The fundamental difference between a believer and an unbeliever is that the believer has the Holy Spirit dwelling within him, and the unbeliever does not. The unbeliever remains under the control of the flesh and of the devil, having his understanding darkened, being alienated from the life of God (Ephesians 4:18). The believer, on the other hand, has the life of God within him because he is born again; he is reborn from above, that is, the Holy Spirit has made him a new creature through the gospel of Jesus Christ and now indwells him (1 Peter 1:3, 23). This means, then, that wherever a believer is the Holy Spirit is there with him. Let us consider, then, what it means for us as believers to obey the command found in Ephesians 5:18-20.
And do not get drunk with wine, for that is debauchery, but be filled with the Spirit, addressing one another in psalms and hymns and spiritual songs, singing and making melody to the Lord with your heart, giving thanks always and for everything to God the Father in the name of our Lord Jesus Christ.
“Be filled with the Spirit” is a continual command. It is one of three commands given to believers concerning our ongoing relationship to the Holy Spirit. The other two are “Do not quench the Spirit” (1 Thessalonians 5:19) and “Do not grieve the Holy Spirit” (Ephesians 4:30). All other works of the Spirit are performed upon the believer at a moment in time, not repeated. For example, the Scriptures teach that we are baptized by the Holy Spirit at the moment we become a Christian. We are never commanded to be baptized by the Spirit. Neither are we commanded to be indwelt by the Spirit, sealed by the Spirit, or gifted by the Spirit. These are all actions the Spirit performs at a moment in time, at conversion. But being filled with the Spirit is different; it is a command that is given to us to be obeyed continually.
But what does it mean to be filled with the Spirit? To help us understand, the apostle compares and contrasts being filled with the spirit and being intoxicated with alcohol. The exhortation, “do not get drunk with wine,” is a call to the believer to not allow his mind to be controlled by an external substance. Alcohol controls a person’s mind and, inevitably, his actions, which usually end up being sinful.
Martyn Lloyd-Jones pastored Westminster Chapel in London for 25 years and was affectionately called “The Doctor.” He was called this not only because he was a masterful physician of the soul, but because he was a medical doctor before he became a pastor. When the Holy Spirit called him to the ministry, he left a lucrative career as the physician to the royal family.

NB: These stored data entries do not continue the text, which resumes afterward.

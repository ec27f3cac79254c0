-- ===== src/Grpc/Stream/Opening.antt =====
-- What makes the manager of images/dataplane/src/grpc.rs ready.
use argon.Prelude.{◌≡◌, Bool, true, false, ◌||◌, Option, some, arith, nat_eq, list_eq}
use argon.Text.{Text}
use argon.Rewrites.{HeaderName}
use argon.Cluster.{Counters}
use argon.Certs.{Tls}
use argon.Grpc.Stream.{
  Phase, loop_start, connecting, opening, streaming, publish_table, publish_certs, stopped, Event,
  watch_opened, write, cancel, file_read, watcher_stopped, Manager, step_loop, step,
}

module _ (counters : Counters) (header_name : Text → Option HeaderName) (tls : Tls) where
  abbrev pub opens : Event → Bool
  opens watch_opened = true
  opens e = false

  -- The flag is set when a watch is opened, and never cleared.
  abbrev Raises :
      Event → Manager counters header_name tls → Manager counters header_name tls → Type 0
  Raises e m o = o.ready ≡ (opens e || m.ready)

  loop-Raises :
      (p : Phase) (e : Event) (m o : Manager counters header_name tls)
      → step_loop counters header_name tls p e m ≡ some o
      → Raises e m o
  unfolding step
  loop-Raises loop_start watch_opened m o s = absurd (ground arith)
  loop-Raises loop_start e m o s = ground arith
  loop-Raises (connecting config) watch_opened m o s = absurd (ground arith)
  loop-Raises (connecting config) e m o s = ground arith
  loop-Raises (opening request) watch_opened m o s = ground arith
  loop-Raises (opening request) e m o s = ground arith
  loop-Raises (streaming got) watch_opened m o s = absurd (ground arith)
  loop-Raises (streaming got) e m o s = ground arith
  loop-Raises (publish_table snap) watch_opened m o s = absurd (ground arith)
  loop-Raises (publish_table snap) write m o s = ground arith
  loop-Raises (publish_table snap) e m o s = absurd (ground arith)
  loop-Raises (publish_certs snap) watch_opened m o s = absurd (ground arith)
  loop-Raises (publish_certs snap) write m o s = ground arith
  loop-Raises (publish_certs snap) e m o s = absurd (ground arith)
  loop-Raises stopped e m o s = absurd (ground arith)

  pub step-Raises :
      (e : Event) (m o : Manager counters header_name tls)
      → step counters header_name tls e m ≡ some o
      → o.ready ≡ (opens e || m.ready)
  unfolding step
  step-Raises cancel m o s = ground arith
  step-Raises (file_read waiting content) m o s = ground arith
  step-Raises watcher_stopped m o s = ground arith
  step-Raises e m o s = loop-Raises m.phase e m o s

In The Doctor’s exposition of Ephesians 5:18, he said this about the influence of alcohol upon the mind:
The Christian life is a controlled life, an ordered life; it is the very reverse of the condition of the drunkard who has lost control, and is being controlled by something else, as it were, and who is therefore in a state of utter disorder and disarray….Drink is not a stimulant, it is a depressant. It depresses first and foremost the highest centres of all in the brain. They are the very first to be influenced and affected by drink. They control everything that gives a man self-control, wisdom, understanding, discrimination, judgment, balance, the power to assess everything; in other words everything that makes a man behave at his very best and highest….What alcohol does is this; it knocks out those higher centres, and so the more primitive elements in the brain come up and take control; and a man feels better temporarily….What is really true of him is that he has become more of an animal; his control over himself is diminished.
This loss of self-control leads to many sinful actions. Intoxication leads to “debauchery,” which is excessive indulgence in sensual pleasures. Like the prodigal who ended up eating breakfast with a bunch of pigs, so drunkenness degrades the person who is intoxicated as well as others around him. But the believer in Christ does not need wine to escape from reality; he does not look to alcohol for his joy, but his joy is from the Holy Spirit and will exhibit the fruit of self-control.
The believer is not to be controlled by alcohol, but by the Holy Spirit. By means of the Word, the Spirit informs our minds with the truth, stirs our affections toward Christ, and moves our wills to submit to Christ and be transformed by His Word (2 Corinthians 3:18). These results are spiritual in contrast to fleshly. The apostle teaches that when we are filled with the Holy Spirit our hearts will be filled with praise to God, which is exactly the same result of being filled with the Word of God (Colossians 3:16). We will sing the Word to one another in psalms, hymns, and spiritual songs; our hearts will overflow with thanksgiving to God. When this takes place the church is edified and the lost are evangelized.